30-Day Self-Care Challenge: Day 6

Today's plan for self-care:

Limit my exposure to the financial crisis.

I have personal experience with financial crises. Yes, I spent years hiding in denial and having trouble paying my bills, even when I was earning more than I am now. That was less a crisis than a chronic period of mismanaged priorities.

No, what I think about as I listen, watch and read about the economy reorganizing itself is 8th grade. While I was concerned with whether to wear the acid washed shorts or the acid washed skirt to class that day, the country experienced Black Monday. I was young, and it was exciting. We had just been reading about the Great Depression and the day in 1929 when bankers were flinging themselves out windows because they had lost everything. It was morbid, but alluring to me as a young writer. What an evocative image. It told us everything we needed to know abut what was happening then.

I felt like something significant was happening, that history was being made, that what was happening mattered. I had a lot of teen angst. I felt like everything was meaningless. This reoriented me.

Not long after that, my father, an entrepreneur himself, had to close his business. There was always low-level tension in my home as my parents struggled to balance their very different approaches to money, but when his business failed, the tension broke and crisis ensued. My dad, a proud, brilliant man, took a job at a retail store to keep bringing in money. My mom, a hardworking and diligent person, buckled down and worked summers and nights. As long as I can remember, my parents have always had more than one job.

My contribution to the family financial crisis was to worry. I had insomnia. I tried to help my parents by cleaning the house and listening to their worries. I wondered if we'd keep our house and what would happen to me.

The fact was that our family was fine, but the feeling was quite different. Just like in a lot of homes today, the feeling was of imminent doom, and that heroic efforts were required to avert disaster.

I share this story not to be self-indulgent but to illustrate a point: In times of crisis, we all revert back to our earlier selves.
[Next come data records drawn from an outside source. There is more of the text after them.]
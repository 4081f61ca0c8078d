-- ===== src/PullRequest/Service.antt =====
-- pr/service.go, over the stores that it is written against (Projects, Issues, store.PullRequestStore,
-- store.IssueEventStore) with one state. The clock is an argument; keys are lists of code points.
use spec_powers.Prelude.{
  ℕ, String, Bool, true, false, not, ◌&&◌, ◌||◌, Option, none, some, List, [], ◌∷◌, ◌==◌, str_eq,
  codes, concat, is_blank, if◌then◌else◌,
}
use spec_powers.Prelude.Int.{ℤ, pos, ltb_ℤ}
use spec_powers.Domain.{Project, ProjectMember, Issue, IssueEvent}
use spec_powers.Api.{
  err_invalid, err_forbidden, err_not_found, err_internal, Stored, found, missing, failed, Result,
  ok, err, checked, required, listed, Action, pure, lift, reads, writes, calls, guard, whenever,
  ◌>>=◌, ◌>>◌,
}
use spec_powers.Issue.Status.{is_terminal}
use spec_powers.Issue.Access.{role_suffices}
use spec_powers.PullRequest.Keys.{extract_issue_keys, parse_close_intents, split_issue_key}

pub record PullRequest : Type 0 where
  pub id : String
  pub project_id : String
  pub repo : String
  pub number : ℤ
  pub title : String
  pub body : String
  pub head_branch : String
  pub state : String
  pub merged_at : Option ℕ
  pub created_by : String

pub record UpsertInput : Type 0 where
  pub repo : String
  pub number : ℤ
  pub title : String
  pub body : String
  pub head_branch : String
  pub state : String

pub record PullStores : Type 1 where
  pub State : Type 0
  pub get_project : String → State → Stored Project
  pub get_project_member : String → String → State → Stored ProjectMember
  pub project_by_key : String → List ℕ → State → Stored Project
  pub get_issue : String → State → Stored Issue
  pub issue_by_number : String → ℕ → State → Stored Issue
  pub update_issue : Issue → State → Stored Issue × State
  pub upsert : PullRequest → State → Stored PullRequest × State
  pub get : String → State → Stored PullRequest
  pub by_number : String → String → ℤ → State → Stored PullRequest
  pub set_state : String → String → Option ℕ → State → Stored PullRequest × State
  pub link : String → String → State → Bool × State
  pub for_issue : String → State → Option (List PullRequest)
  pub linked_keys : String → State → Option (List (List ℕ))
  pub events : Option (IssueEvent → State → Bool × State)

abbrev pub state_open : String
state_open = "open"

abbrev pub state_merged : String
state_merged = "merged"

abbrev pub state_closed : String
state_closed = "closed"

abbrev pub valid_state : String → Bool
valid_state s = str_eq s state_open || str_eq s state_merged || str_eq s state_closed

abbrev pub or_open : String → String
or_open s = if str_eq s "" then state_open else s

-- A reference that is not found is no error.
abbrev pub if_found : {A : Type 0} → Stored A → String → Result (Option A)
if_found (found a) msg = ok (some a)
if_found missing msg = ok none
if_found failed msg = err (err_internal msg)

abbrev pub state_of : Stored PullRequest → Result String
state_of (found p) = ok p.state
state_of missing = ok ""
state_of failed = err (err_internal "get pull request failed")

module _ (st : PullStores) where
  open st use {
    State, get_project, get_project_member, project_by_key, get_issue, issue_by_number,
    update_issue, upsert, get, by_number, set_state, link, for_issue, linked_keys, events,
  }

  unfoldable pub require_project_role : String → String → String → Action State (Unit {0})
  require_project_role user project min = do
    reads (λ s.
        checked (get_project project s) (err_not_found "project not found")
          (err_internal "get project failed"))
    pm ← reads (λ s.
        checked (get_project_member project user s) (err_forbidden "not a project member")
          (err_internal "get project member failed"))
    lift (role_suffices min pm)

  unfoldable pub record_event : String → String → String → String → String → Action State (Unit {0})
  record_event issue actor field old new = elim events [
    | none ↦ pure tt
    | some create ↦
        calls
          (create (record {
            issue_id = issue;
            actor_id = actor;
            field = field;
            old_value = old;
            new_value = new;
          }))
          (err_internal "record issue event failed")
  ]

  abbrev pub issue_of_project : Option Project → ℕ → State → Result (Option Issue)
  issue_of_project none number s = ok none
  issue_of_project (some p) number s =
      if_found (issue_by_number p.id number s) "resolve issue number failed"

  -- No prefix, and no number, is no reference.
  abbrev pub project_for : Project → List ℕ × ℕ → State → Result (Option Project)
  project_for project ([], number) s = ok none
  project_for project (c ∷ prefix, number) s =
      if number == 0
      then ok none
      else if_found (project_by_key project.workspace_id (c ∷ prefix) s)
          "resolve project key failed"

  unfoldable pub resolve_issue_key : Project → List ℕ → Action State (Option Issue)
  unfolding split_issue_key
  resolve_issue_key project key = do
    p ← reads (project_for project (split_issue_key key))
    reads (issue_of_project p (split_issue_key key).1)

  -- One key of the loop: whether it was linked.
  abbrev pub link_found : String → Option Issue → Action State Bool
  link_found pr none = pure false
  link_found pr (some i) = do calls (link pr i.id) (err_internal "link issue failed"); pure true

  -- The loop over the keys; the result is those that were linked.
  unfoldable pub link_each : Project → String → List (List ℕ) → Action State (List (List ℕ))
  unfolding resolve_issue_key link_found
  link_each project pr [] = pure []
  link_each project pr (key ∷ keys) = do
    i ← resolve_issue_key project key
    linked ← link_found pr i
    rest ← link_each project pr keys
    pure (if linked then key ∷ rest else rest)

  unfoldable pub link_referenced_issues : Project → PullRequest → Action State (List (List ℕ))
  unfolding link_each extract_issue_keys
  link_referenced_issues project pr = link_each project pr.id (
      extract_issue_keys
        (codes (concat pr.title (concat "\n" (concat pr.body (concat "\n" pr.head_branch))))))

  -- An open issue is done.
  unfoldable pub close_issue : String → Option Issue → Action State (Unit {0})
  unfolding is_terminal record_event
  close_issue user none = pure tt
  close_issue user (some i) = whenever (not (is_terminal i.status)) (do
    writes (update_issue (record i { status = "done" })) (err_internal "close issue failed")
    record_event i.id user "status" i.status "done")

  unfoldable pub close_each : String → Project → List (List ℕ) → Action State (Unit {0})
  unfolding resolve_issue_key close_issue
  close_each user project [] = pure tt
  close_each user project (key ∷ keys) = do
    i ← resolve_issue_key project key
    close_issue user i
    close_each user project keys

  unfoldable pub apply_close_intents : String → PullRequest → Action State (Unit {0})
  unfolding close_each parse_close_intents
  apply_close_intents user pr = do
    project ←
        reads (λ s. required (get_project pr.project_id s) (err_internal "get project failed"))
    close_each user project (parse_close_intents (codes (concat pr.title (concat "\n" pr.body))))

  -- What follows the write of the row.
  unfoldable pub refer :
      String → Project → String → String → PullRequest → Action State (PullRequest × List (List ℕ))
  unfolding link_referenced_issues apply_close_intents
  refer user project state previous pr = do
    linked ← link_referenced_issues project pr
    whenever (str_eq state state_merged && not (str_eq previous state_merged))
        (apply_close_intents user pr)
    pure (pr, linked)

  unfoldable pub write_row :
      String
      → String
      → UpsertInput
      → String
      → Project
      → String
      → Action State (PullRequest × List (List ℕ))
  unfolding refer
  write_row user project_id u state project previous = do
    pr ←
        writes
          (upsert (record {
            id = "";
            project_id = project_id;
            repo = u.repo;
            number = u.number;
            title = u.title;
            body = u.body;
            head_branch = u.head_branch;
            state = state;
            merged_at = none;
            created_by = user;
          }))
          (err_internal "upsert pull request failed")
    refer user project state previous pr

  -- With a state that is valid.
  unfoldable pub upsert_as :
      String → String → UpsertInput → String → Action State (PullRequest × List (List ℕ))
  unfolding write_row
  upsert_as user project_id u state = do
    project ← reads (λ s. required (get_project project_id s) (err_internal "get project failed"))
    previous ← reads (λ s. state_of (by_number project_id u.repo u.number s))
    write_row user project_id u state project previous

  unfoldable pub upsert_pull_request :
      String → String → UpsertInput → Action State (PullRequest × List (List ℕ))
  unfolding require_project_role is_blank upsert_as
  upsert_pull_request user project_id u = do
    require_project_role user project_id "member"
    guard (ltb_ℤ (pos 0) u.number) (err_invalid "pull request number must be positive")
    guard (not (is_blank u.title)) (err_invalid "pull request title is required")
    guard (valid_state (or_open u.state))
        (err_invalid (concat "unknown pull request state: " (or_open u.state)))
    upsert_as user project_id u (or_open u.state)

  unfoldable pub require_pr_member : String → String → Action State (Unit {0})
  unfolding require_project_role
  require_pr_member user id = do
    pr ← reads (λ s.
        checked (get id s) (err_not_found "pull request not found")
          (err_internal "get pull request failed"))
    require_project_role user pr.project_id "member"

  unfoldable pub update_state : ℕ → String → String → String → Action State PullRequest
  unfolding require_pr_member apply_close_intents
  update_state now user id state = do
    require_pr_member user id
    guard (valid_state state) (err_invalid (concat "unknown pull request state: " state))
    old ← reads (λ s. required (get id s) (err_internal "get pull request failed"))
    let merges = str_eq state state_merged && not (str_eq old.state state_merged)
    pr ←
        writes (set_state id state (if merges then some now else none))
          (err_internal "update pull request failed")
    whenever merges (apply_close_intents user pr)
    pure pr

  unfoldable pub get_pull_request : String → String → Action State (PullRequest × List (List ℕ))
  unfolding require_pr_member
  get_pull_request user id = do
    require_pr_member user id
    pr ← reads (λ s. required (get id s) (err_internal "get pull request failed"))
    keys ← reads (λ s. listed (linked_keys id s) "list linked issues failed")
    pure (pr, keys)

  unfoldable pub list_issue_pull_requests : String → String → Action State (List PullRequest)
  unfolding require_project_role
  list_issue_pull_requests user issue = do
    i ← reads (λ s.
        checked (get_issue issue s) (err_not_found "issue not found")
          (err_internal "get issue failed"))
    require_project_role user i.project_id "member"
    reads (λ s. listed (for_issue issue s) "list issue pull requests failed")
We revert to our primal instincts, and mine is to worry. So I don't see the news today and say, "Huh. Well, I'm doing fine. Just keep swimming."

I panic. I start feeling the need to rush about and fix things. Or, failing the ability to fix the national financial markets (of which I understand little), I feel the need to exert a lot of attention and energy on worrying and thinking of the worst thing that can happen.

FOR TODAY my plan is to:

* Switch off the news, delete news emails sight-unseen and avoid the great financial blogs I read daily.
* Focus on the truth for me: I have great work, great clients, and plenty of income.
* Focus on what I can control:
-- Building my savings in case of a downturn.
-- Increasing my marketing by a manageable amount.
-- Expressing gratitude to my regular clients.
-- Diversifying clients so if one goes under, I have others to pick up the slack.

What are you doing to take care of yourself around the economic crisis?